### Records for the task

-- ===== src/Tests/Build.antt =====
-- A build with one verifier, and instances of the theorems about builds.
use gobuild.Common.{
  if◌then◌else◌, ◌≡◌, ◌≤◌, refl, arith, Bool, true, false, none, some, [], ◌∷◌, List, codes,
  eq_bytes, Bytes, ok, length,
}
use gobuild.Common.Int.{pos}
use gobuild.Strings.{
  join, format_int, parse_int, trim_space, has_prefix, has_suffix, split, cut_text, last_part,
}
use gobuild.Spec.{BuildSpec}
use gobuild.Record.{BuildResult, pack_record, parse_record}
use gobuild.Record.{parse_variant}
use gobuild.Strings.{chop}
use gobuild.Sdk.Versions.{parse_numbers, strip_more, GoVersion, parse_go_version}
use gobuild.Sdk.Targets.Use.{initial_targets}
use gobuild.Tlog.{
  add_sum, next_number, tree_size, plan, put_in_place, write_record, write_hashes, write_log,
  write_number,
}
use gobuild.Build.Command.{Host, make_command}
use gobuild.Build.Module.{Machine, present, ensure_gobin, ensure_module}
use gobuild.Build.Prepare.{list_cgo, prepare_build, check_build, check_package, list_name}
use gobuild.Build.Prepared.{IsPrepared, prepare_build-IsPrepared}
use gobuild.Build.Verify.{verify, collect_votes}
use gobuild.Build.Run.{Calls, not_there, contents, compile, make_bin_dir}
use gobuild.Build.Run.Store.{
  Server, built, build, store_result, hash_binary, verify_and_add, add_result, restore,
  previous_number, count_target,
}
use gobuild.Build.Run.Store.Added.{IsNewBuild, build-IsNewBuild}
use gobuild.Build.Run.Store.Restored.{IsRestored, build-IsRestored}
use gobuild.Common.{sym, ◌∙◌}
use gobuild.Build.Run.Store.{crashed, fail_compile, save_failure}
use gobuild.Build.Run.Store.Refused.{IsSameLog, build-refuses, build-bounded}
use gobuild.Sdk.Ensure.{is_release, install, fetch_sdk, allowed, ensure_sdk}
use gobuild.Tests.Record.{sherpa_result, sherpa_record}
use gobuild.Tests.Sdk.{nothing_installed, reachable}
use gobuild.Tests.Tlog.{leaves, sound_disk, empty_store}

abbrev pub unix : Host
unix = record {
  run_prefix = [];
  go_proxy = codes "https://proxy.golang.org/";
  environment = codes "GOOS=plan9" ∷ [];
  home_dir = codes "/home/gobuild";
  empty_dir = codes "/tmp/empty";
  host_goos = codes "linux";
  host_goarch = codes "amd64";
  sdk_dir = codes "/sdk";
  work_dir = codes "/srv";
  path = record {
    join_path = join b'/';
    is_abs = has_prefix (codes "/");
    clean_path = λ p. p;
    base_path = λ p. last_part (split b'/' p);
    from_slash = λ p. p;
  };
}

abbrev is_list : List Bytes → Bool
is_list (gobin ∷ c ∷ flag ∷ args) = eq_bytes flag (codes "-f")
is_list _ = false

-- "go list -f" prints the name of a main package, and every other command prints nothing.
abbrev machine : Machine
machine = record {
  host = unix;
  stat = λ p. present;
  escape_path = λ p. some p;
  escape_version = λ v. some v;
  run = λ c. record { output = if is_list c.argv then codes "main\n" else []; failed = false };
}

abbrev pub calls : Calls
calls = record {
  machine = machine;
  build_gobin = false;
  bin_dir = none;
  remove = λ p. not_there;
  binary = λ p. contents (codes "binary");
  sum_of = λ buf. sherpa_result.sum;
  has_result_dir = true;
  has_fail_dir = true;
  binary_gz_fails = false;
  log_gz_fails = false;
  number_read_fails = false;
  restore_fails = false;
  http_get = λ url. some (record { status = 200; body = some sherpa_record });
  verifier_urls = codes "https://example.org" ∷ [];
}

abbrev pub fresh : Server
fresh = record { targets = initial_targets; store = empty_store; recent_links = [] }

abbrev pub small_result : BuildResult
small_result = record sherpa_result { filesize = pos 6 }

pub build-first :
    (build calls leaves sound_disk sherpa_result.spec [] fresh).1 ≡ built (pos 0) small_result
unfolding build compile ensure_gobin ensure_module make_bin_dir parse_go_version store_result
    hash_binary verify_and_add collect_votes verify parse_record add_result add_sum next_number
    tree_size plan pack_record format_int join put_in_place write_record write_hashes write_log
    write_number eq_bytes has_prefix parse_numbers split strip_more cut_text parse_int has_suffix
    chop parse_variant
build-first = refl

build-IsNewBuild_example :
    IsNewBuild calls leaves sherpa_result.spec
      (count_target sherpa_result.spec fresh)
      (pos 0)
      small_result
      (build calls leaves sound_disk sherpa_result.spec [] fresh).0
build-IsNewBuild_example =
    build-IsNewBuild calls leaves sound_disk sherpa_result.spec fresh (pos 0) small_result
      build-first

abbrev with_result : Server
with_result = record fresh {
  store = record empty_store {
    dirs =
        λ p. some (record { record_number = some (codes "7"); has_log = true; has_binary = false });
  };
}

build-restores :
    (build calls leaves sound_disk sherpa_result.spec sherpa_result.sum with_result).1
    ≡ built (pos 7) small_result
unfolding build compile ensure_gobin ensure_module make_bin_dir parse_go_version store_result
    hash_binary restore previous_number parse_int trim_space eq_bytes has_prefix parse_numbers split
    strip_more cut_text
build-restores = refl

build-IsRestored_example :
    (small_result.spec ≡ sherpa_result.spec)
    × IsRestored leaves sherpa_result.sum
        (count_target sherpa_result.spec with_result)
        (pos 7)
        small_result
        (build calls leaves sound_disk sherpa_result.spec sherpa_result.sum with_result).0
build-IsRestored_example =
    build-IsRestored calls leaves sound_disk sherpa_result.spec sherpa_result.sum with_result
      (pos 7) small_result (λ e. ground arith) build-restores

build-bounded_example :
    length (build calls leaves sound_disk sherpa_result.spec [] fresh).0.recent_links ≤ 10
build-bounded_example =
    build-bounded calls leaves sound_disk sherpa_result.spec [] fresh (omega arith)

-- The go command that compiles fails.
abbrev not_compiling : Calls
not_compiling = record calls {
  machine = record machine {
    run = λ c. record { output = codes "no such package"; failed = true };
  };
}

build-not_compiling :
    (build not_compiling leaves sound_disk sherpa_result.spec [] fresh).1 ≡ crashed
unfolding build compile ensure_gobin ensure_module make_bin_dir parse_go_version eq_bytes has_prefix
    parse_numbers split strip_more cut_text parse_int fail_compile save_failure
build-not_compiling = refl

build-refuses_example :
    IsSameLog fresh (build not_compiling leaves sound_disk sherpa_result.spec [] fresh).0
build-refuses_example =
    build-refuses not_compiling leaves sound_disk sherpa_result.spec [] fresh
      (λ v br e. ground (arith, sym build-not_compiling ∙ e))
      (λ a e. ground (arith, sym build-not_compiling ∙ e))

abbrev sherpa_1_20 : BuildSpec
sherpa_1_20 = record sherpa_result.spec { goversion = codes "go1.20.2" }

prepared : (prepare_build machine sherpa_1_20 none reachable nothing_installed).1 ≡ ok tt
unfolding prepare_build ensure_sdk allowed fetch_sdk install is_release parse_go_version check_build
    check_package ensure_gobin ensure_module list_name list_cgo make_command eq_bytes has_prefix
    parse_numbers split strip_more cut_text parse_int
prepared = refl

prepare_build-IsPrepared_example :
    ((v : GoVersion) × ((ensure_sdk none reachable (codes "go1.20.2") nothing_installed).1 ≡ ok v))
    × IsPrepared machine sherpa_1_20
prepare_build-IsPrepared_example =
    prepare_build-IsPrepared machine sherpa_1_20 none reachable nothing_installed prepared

### Instructions to follow
Everything in the records above should be written out again exactly.

### Task result
-- ===== src/Tests/Build.antt =====
-- A build with one verifier, and instances of the theorems about builds.
use gobuild.Common.{
  if◌then◌else◌, ◌≡◌, ◌≤◌, refl, arith, Bool, true, false, none, some, [], ◌∷◌, List, codes,
  eq_bytes, Bytes, ok, length,
}
use gobuild.Common.Int.{pos}
use gobuild.Strings.{
  join, format_int, parse_int, trim_space, has_prefix, has_suffix, split, cut_text, last_part,
}
use gobuild.Spec.{BuildSpec}
use gobuild.Record.{BuildResult, pack_record, parse_record}
use gobuild.Record.{parse_variant}
use gobuild.Strings.{chop}
use gobuild.Sdk.Versions.{parse_numbers, strip_more, GoVersion, parse_go_version}
use gobuild.Sdk.Targets.Use.{initial_targets}
use gobuild.Tlog.{
  add_sum, next_number, tree_size, plan, put_in_place, write_record, write_hashes, write_log,
  write_number,
}
use gobuild.Build.Command.{Host, make_command}
use gobuild.Build.Module.{Machine, present, ensure_gobin, ensure_module}
use gobuild.Build.Prepare.{list_cgo, prepare_build, check_build, check_package, list_name}
use gobuild.Build.Prepared.{IsPrepared, prepare_build-IsPrepared}
use gobuild.Build.Verify.{verify, collect_votes}
use gobuild.Build.Run.{Calls, not_there, contents, compile, make_bin_dir}
use gobuild.Build.Run.Store.{
  Server, built, build, store_result, hash_binary, verify_and_add, add_result, restore,
  previous_number, count_target,
}
use gobuild.Build.Run.Store.Added.{IsNewBuild, build-IsNewBuild}
use gobuild.Build.Run.Store.Restored.{IsRestored, build-IsRestored}
use gobuild.Common.{sym, ◌∙◌}
use gobuild.Build.Run.Store.{crashed, fail_compile, save_failure}
use gobuild.Build.Run.Store.Refused.{IsSameLog, build-refuses, build-bounded}
use gobuild.Sdk.Ensure.{is_release, install, fetch_sdk, allowed, ensure_sdk}
use gobuild.Tests.Record.{sherpa_result, sherpa_record}
use gobuild.Tests.Sdk.{nothing_installed, reachable}
use gobuild.Tests.Tlog.{leaves, sound_disk, empty_store}

abbrev pub unix : Host
unix = record {
  run_prefix = [];
  go_proxy = codes "https://proxy.golang.org/";
  environment = codes "GOOS=plan9" ∷ [];
  home_dir = codes "/home/gobuild";
  empty_dir = codes "/tmp/empty";
  host_goos = codes "linux";
  host_goarch = codes "amd64";
  sdk_dir = codes "/sdk";
  work_dir = codes "/srv";
  path = record {
    join_path = join b'/';
    is_abs = has_prefix (codes "/");
    clean_path = λ p. p;
    base_path = λ p. last_part (split b'/' p);
    from_slash = λ p. p;
  };
}

abbrev is_list : List Bytes → Bool
is_list (gobin ∷ c ∷ flag ∷ args) = eq_bytes flag (codes "-f")
is_list _ = false

-- "go list -f" prints the name of a main package, and every other command prints nothing.
abbrev machine : Machine
machine = record {
  host = unix;
  stat = λ p. present;
  escape_path = λ p. some p;
  escape_version = λ v. some v;
  run = λ c. record { output = if is_list c.argv then codes "main\n" else []; failed = false };
}

abbrev pub calls : Calls
calls = record {
  machine = machine;
  build_gobin = false;
  bin_dir = none;
  remove = λ p. not_there;
  binary = λ p. contents (codes "binary");
  sum_of = λ buf. sherpa_result.sum;
  has_result_dir = true;
  has_fail_dir = true;
  binary_gz_fails = false;
  log_gz_fails = false;
  number_read_fails = false;
  restore_fails = false;
  http_get = λ url. some (record { status = 200; body = some sherpa_record });
  verifier_urls = codes "https://example.org" ∷ [];
}

abbrev pub fresh : Server
fresh = record { targets = initial_targets; store = empty_store; recent_links = [] }

abbrev pub small_result : BuildResult
small_result = record sherpa_result { filesize = pos 6 }

pub build-first :
    (build calls leaves sound_disk sherpa_result.spec [] fresh).1 ≡ built (pos 0) small_result
unfolding build compile ensure_gobin ensure_module make_bin_dir parse_go_version store_result
    hash_binary verify_and_add collect_votes verify parse_record add_result add_sum next_number
    tree_size plan pack_record format_int join put_in_place write_record write_hashes write_log
    write_number eq_bytes has_prefix parse_numbers split strip_more cut_text parse_int has_suffix
    chop parse_variant
build-first = refl

build-IsNewBuild_example :
    IsNewBuild calls leaves sherpa_result.spec
      (count_target sherpa_result.spec fresh)
      (pos 0)
      small_result
      (build calls leaves sound_disk sherpa_result.spec [] fresh).0
build-IsNewBuild_example =
    build-IsNewBuild calls leaves sound_disk sherpa_result.spec fresh (pos 0) small_result
      build-first

abbrev with_result : Server
with_result = record fresh {
  store = record empty_store {
    dirs =
        λ p. some (record { record_number = some (codes "7"); has_log = true; has_binary = false });
  };
}

build-restores :
    (build calls leaves sound_disk sherpa_result.spec sherpa_result.sum with_result).1
    ≡ built (pos 7) small_result
unfolding build compile ensure_gobin ensure_module make_bin_dir parse_go_version store_result
    hash_binary restore previous_number parse_int trim_space eq_bytes has_prefix parse_numbers split
    strip_more cut_text
build-restores = refl

build-IsRestored_example :
    (small_result.spec ≡ sherpa_result.spec)
    × IsRestored leaves sherpa_result.sum
        (count_target sherpa_result.spec with_result)
        (pos 7)
        small_result
        (build calls leaves sound_disk sherpa_result.spec sherpa_result.sum with_result).0
build-IsRestored_example =
    build-IsRestored calls leaves sound_disk sherpa_result.spec sherpa_result.sum with_result
      (pos 7) small_result (λ e. ground arith) build-restores

build-bounded_example :
    length (build calls leaves sound_disk sherpa_result.spec [] fresh).0.recent_links ≤ 10
build-bounded_example =
    build-bounded calls leaves sound_disk sherpa_result.spec [] fresh (omega arith)

-- The go command that compiles fails.
abbrev not_compiling : Calls
not_compiling = record calls {
  machine = record machine {
    run = λ c. record { output = codes "no such package"; failed = true };
  };
}

build-not_compiling :
    (build not_compiling leaves sound_disk sherpa_result.spec [] fresh).1 ≡ crashed
unfolding build compile ensure_gobin ensure_module make_bin_dir parse_go_version eq_bytes has_prefix
    parse_numbers split strip_more cut_text parse_int fail_compile save_failure
build-not_compiling = refl

build-refuses_example :
    IsSameLog fresh (build not_compiling leaves sound_disk sherpa_result.spec [] fresh).0
build-refuses_example =
    build-refuses not_compiling leaves sound_disk sherpa_result.spec [] fresh
      (λ v br e. ground (arith, sym build-not_compiling ∙ e))
      (λ a e. ground (arith, sym build-not_compiling ∙ e))

abbrev sherpa_1_20 : BuildSpec
sherpa_1_20 = record sherpa_result.spec { goversion = codes "go1.20.2" }

prepared : (prepare_build machine sherpa_1_20 none reachable nothing_installed).1 ≡ ok tt
unfolding prepare_build ensure_sdk allowed fetch_sdk install is_release parse_go_version check_build
    check_package ensure_gobin ensure_module list_name list_cgo make_command eq_bytes has_prefix
    parse_numbers split strip_more cut_text parse_int
prepared = refl

prepare_build-IsPrepared_example :
    ((v : GoVersion) × ((ensure_sdk none reachable (codes "go1.20.2") nothing_installed).1 ≡ ok v))
    × IsPrepared machine sherpa_1_20
prepare_build-IsPrepared_example =
    prepare_build-IsPrepared machine sherpa_1_20 none reachable nothing_installed prepared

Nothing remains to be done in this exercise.